Circa 5mila le vittime in tutta Italia, secondo quanto riferito dalle forze dell’ordine. Diomedi utilizzava il sistema del passaparola promettendo guadagni fino al 5% dell’investimento. Teneva incontri in hotel di lusso, postava spesso video esemplificativi sui social e aveva una rete di ingenui collaboratori.
Un sistema che è stato attivo per anni, finché la polizia postale di Cagliari, grazie a centinaia di denunce raccolte solo nella provincia sarda, ha fermato la truffa che gli ha fruttato finora 5 milioni di euro. L’uomo utilizzava il suo canale Telegram per mantenere i contatti con i truffati, chiedendogli somme importanti somme di denaro ma senza mai fornire gli utili o restituire i capitali. Agli investitori venivano proposte proprietà immobiliari, diamanti e criptovalute.
Diomedi aveva messo una holding con una decina di società con sedi all’estero, spesso gestite da dei prestanome. Oltre al blocco delle suddette, gli è stata sequestrata anche la proprietà di un albergo in Sardegna, sempre intestata a un prestanome. Le indagini sono andate avanti per quasi tre anni prima di giungere agli arresti.

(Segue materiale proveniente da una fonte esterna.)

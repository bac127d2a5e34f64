-- ===== src/Cases/Invariant.antt =====
-- api/store.py: sequences of calls of the `CaseStore`, of which each may come at any time.
use asoe.Prelude.{
  String, Bool, true, false, not, ◌≡◌, inl, inr, refl, sym, ap, subst, ◌∙◌, Option, none, some,
  List, str_eq, eq_refl, Bool-cases, Option-cases, All, arith, keep_if,
}
use asoe.Prelude.Assoc.{keep_if-All, All-keep_if, All-mono}
use asoe.Prelude.Dict.{Dict, lookup, insert, lookup-insert, lookup-keep_if, All-insert, All-lookup}
use asoe.Prelude.Results.{Result, ok, err, ◌>>=◌}
use asoe.Cases.{
  ClassifierType, OrderCase, CorrelationKey, CaseStore, Intake, priority, find_by_correlation,
  new_case, log_intake, open_case, attach, open_or_attach, lookup_or_create, StoreError,
}
use asoe.Cases.Update.{
  is_closed_untriaged, CaseFields, Attribution, copied, trail_of, log_reclassified, is_reclassified,
  attributed, trail_by, commit, update_at, put_case, rewrite_at, delete,
}
use asoe.Cases.Sound.{
  IsLinked, IsNamed, IsTriaged, IsSound, IsLinked-insert, register_correlations-IsLinked,
  find_by_correlation-linked,
}

-- Replacing a case by one of the same id and tenant that is not closed untriaged.
put_case-IsSound :
    (id : String) (b c : OrderCase) (s : CaseStore)
    → lookup id s.cases ≡ some b
    → c.tenant_id ≡ b.tenant_id
    → c.case_id ≡ b.case_id
    → is_closed_untriaged c ≡ false
    → IsSound s
    → IsSound (put_case id c s)
put_case-IsSound id b c s found t n safe h = record {
  linked =
      IsLinked-insert id c s.cases s.correlation
        (λ x f. let same : x ≡ b = cc in ap (λ y. y.tenant_id) same ∙ sym t) h.linked;
  named =
      All-insert IsNamed id c s.cases (n ∙ All-lookup IsNamed id b s.cases h.named found) h.named;
  triaged = All-insert IsTriaged id c s.cases safe h.triaged;
}

log_intake-IsSound :
    (id : String) (i : Intake) (sg : Option String) (s : CaseStore)
    → IsSound s
    → IsSound (log_intake id i sg s)
unfolding log_intake
log_intake-IsSound id i none s h = h
log_intake-IsSound id i (some sg) s h = record {
  linked = h.linked;
  named = h.named;
  triaged = h.triaged;
}

open_case-IsSound :
    (id now : String) (i : Intake) (s : CaseStore)
    → lookup id s.cases ≡ none
    → IsSound s
    → IsSound (open_case id now i s)
unfolding open_case
open_case-IsSound id now i s fresh h =
    let c = new_case id now i in
    let cases = insert id c s.cases in
    let links = IsLinked-insert id c s.cases s.correlation (λ b f. absurd (no_case b f)) h.linked in
    log_intake-IsSound id i i.supergroup_code _ (record {
      linked =
          register_correlations-IsLinked cases i.tenant_id id c
            (rw (lookup-insert id id c s.cases, eq_refl id) refl) refl (priority i.keys)
            s.correlation links;
      named = All-insert IsNamed id c s.cases refl h.named;
      triaged = All-insert IsTriaged id c s.cases refl h.triaged;
    })
  where
    no_case : (b : OrderCase) → lookup id s.cases ≡ some b → ⊥
    no_case b f = cc

attach-IsSound :
    (c : OrderCase) (i : Intake) (s : CaseStore)
    → lookup c.case_id s.cases ≡ some c
    → c.tenant_id ≡ i.tenant_id
    → IsSound s
    → IsSound (attach c i s)
unfolding attach
attach-IsSound c i s found t h = record {
  linked =
      register_correlations-IsLinked s.cases i.tenant_id c.case_id c found t (priority i.keys)
        s.correlation h.linked;
  named = h.named;
  triaged = h.triaged;
}

pub lookup_or_create-IsSound :
    (id now : String) (i : Intake) (s : CaseStore)
    → lookup id s.cases ≡ none
    → IsSound s
    → IsSound (lookup_or_create id now i s).1
unfolding lookup_or_create open_or_attach
lookup_or_create-IsSound id now i s fresh h =
    elim (Option-cases (find_by_correlation i.tenant_id i.keys s)) [
      | inl missing ↦ rw missing (open_case-IsSound id now i s fresh h)
      | inr (c, found) ↦
          let (at, t) = find_by_correlation-linked s i c h found in
          rw found (attach-IsSound c i s at t h)
    ]

log-IsSound :
    (id : String) (sg : Option String) (a : Attribution) (by : String) (type : ClassifierType)
    (s : CaseStore)
    → IsSound s
    → IsSound (log_reclassified id sg a by type s)
unfolding log_reclassified
log-IsSound id sg a by type s h = record { linked = h.linked; named = h.named; triaged = h.triaged }

trail_by-IsSound :
    (id : String) (c : OrderCase) (a : Attribution) (o : Option (String × ClassifierType))
    (log : CaseStore → CaseStore) (s : CaseStore)
    → trail_by id c a o ≡ some log
    → IsSound s
    → IsSound (log s)
unfolding trail_by
trail_by-IsSound id c a none log s e h = cc
trail_by-IsSound id c a (some (by, type)) log s e h =
    let same : log_reclassified id c.supergroup_code a by type ≡ log = cc in
    subst (λ g. IsSound (g s)) same (log-IsSound id c.supergroup_code a by type s h)

trail_of-IsSound :
    (id : String) (c : OrderCase) (a : Attribution) (r : Bool) (log : CaseStore → CaseStore)
    (s : CaseStore)
    → trail_of id c a r ≡ some log
    → IsSound s
    → IsSound (log s)
unfolding trail_of
trail_of-IsSound id c a false log s e h =
    let same : (λ (x : CaseStore). x) ≡ log = cc in subst (λ f. IsSound (f s)) same h
trail_of-IsSound id c a true log s e h = trail_by-IsSound id c a (attributed a) log s e h

commit-IsSound :
    (id : String) (b c d : OrderCase) (s s' : CaseStore) (a : Attribution) (r : Bool)
    (o : Option (CaseStore → CaseStore))
    → trail_of id c a r ≡ o
    → lookup id s.cases ≡ some b
    → c.tenant_id ≡ b.tenant_id
    → c.case_id ≡ b.case_id
    → commit id c s o ≡ ok (d, s')
    → IsSound s
    → IsSound s'
unfolding commit
commit-IsSound id b c d s s' a r none p found t n e h = cc
commit-IsSound id b c d s s' a r (some log) p found t n e h =
    elim (Bool-cases (is_closed_untriaged c)) [
      | inl closed ↦ absurd (no closed)
      | inr safe ↦
          let done : ◌≡◌ {A = Result StoreError (OrderCase × CaseStore)}
              (ok (c, log (put_case id c s))) (ok (d, s')) =
            rw safe at e in
          let same : log (put_case id c s) ≡ s' = cc in
          subst IsSound same
            (trail_of-IsSound id c a r log _ p (put_case-IsSound id b c s found t n safe h))
    ]
  where
    no : is_closed_untriaged c ≡ true → ⊥
    no closed = ground (arith, closed, e)

pub update_at-IsSound :
    (id now : String) (a : Attribution) (f : CaseFields) (o : Option OrderCase) (d : OrderCase)
    (s s' : CaseStore)
    → lookup id s.cases ≡ o
    → update_at id now a f s o ≡ ok (d, s')
    → IsSound s
    → IsSound s'
unfolding update_at
update_at-IsSound id now a f none d s s' found e h = cc
update_at-IsSound id now a f (some c) d s s' found e h =
    commit-IsSound id c (copied now f c) d s s' a (is_reclassified f c) _ refl found refl refl e h

pub rewrite_at-IsSound :
    (id : String) (change : OrderCase → Result StoreError OrderCase) (o : Option OrderCase)
    (d : OrderCase) (s s' : CaseStore)
    → ((b c : OrderCase)
        → is_closed_untriaged b ≡ false
        → change b ≡ ok c
        → (c.tenant_id ≡ b.tenant_id) × (c.case_id ≡ b.case_id) × (is_closed_untriaged c ≡ false))
    → lookup id s.cases ≡ o
    → rewrite_at id change s o ≡ ok (d, s')
    → IsSound s
    → IsSound s'
unfolding rewrite_at
rewrite_at-IsSound id change none d s s' keep found e h = cc
rewrite_at-IsSound id change (some b) d s s' keep found e h = one (change b) refl e
  where
    one :
        (r : Result StoreError OrderCase)
        → change b ≡ r
        → ◌>>=◌ {B = OrderCase × CaseStore} r (λ c. ok (c, put_case id c s)) ≡ ok (d, s')
        → IsSound s'
    one (err x) p q = cc
    one (ok c) p q =
        let same : put_case id c s ≡ s' = cc in
        let (t, n, safe) = keep b c (All-lookup IsTriaged id b s.cases h.triaged found) p in
        subst IsSound same (put_case-IsSound id b c s found t n safe h)

delete-IsLinked :
    (id : String) (cases : Dict OrderCase) (d : List (CorrelationKey × String))
    → All (IsLinked cases) d
    → All
        (IsLinked (keep_if (λ e. not (str_eq e.0 id)) cases))
        (keep_if (λ e. not (str_eq e.1 id)) d)
delete-IsLinked id cases d h =
    keep_if-All _ (λ e. not (str_eq e.1 id)) d
      (All-mono (IsLinked cases) _ d
        (λ e link. elim (Bool-cases (str_eq e.1 id)) [
          | inl gone ↦ inr (rw gone refl)
          | inr stays ↦ inl (link.0, lookup-keep_if id e.1 cases stays ∙ link.1, link.2)
        ])
        h)

pub delete-IsSound : (id : String) (s : CaseStore) → IsSound s → IsSound (delete id s)
unfolding delete
delete-IsSound id s h = record {
  linked = delete-IsLinked id s.cases s.correlation h.linked;
  named = All-keep_if IsNamed (λ e. not (str_eq e.0 id)) s.cases h.named;
  triaged = All-keep_if IsTriaged (λ e. not (str_eq e.0 id)) s.cases h.triaged;
}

Ex-consulente finanziario originario, Diomedi ha studiato economia e commercio. Ha operato anche all’estero soprattutto a Dubai, in Serbia e in Bulgaria. Al momento dell’arresto avvenuto nell’aeroporto di Cagliari, stava tornando da un viaggio a Duesseldorf. Insieme a lui sono finiti in carcere altre quattro persone, tra cui la sorella Barbara e il fratello Fabrizio, una donna che curava il marketing della sua impresa e il cofondatore. Sono indagati anche tre promotori finanziari residenti nell’Oristanese e nel Sud Sardegna.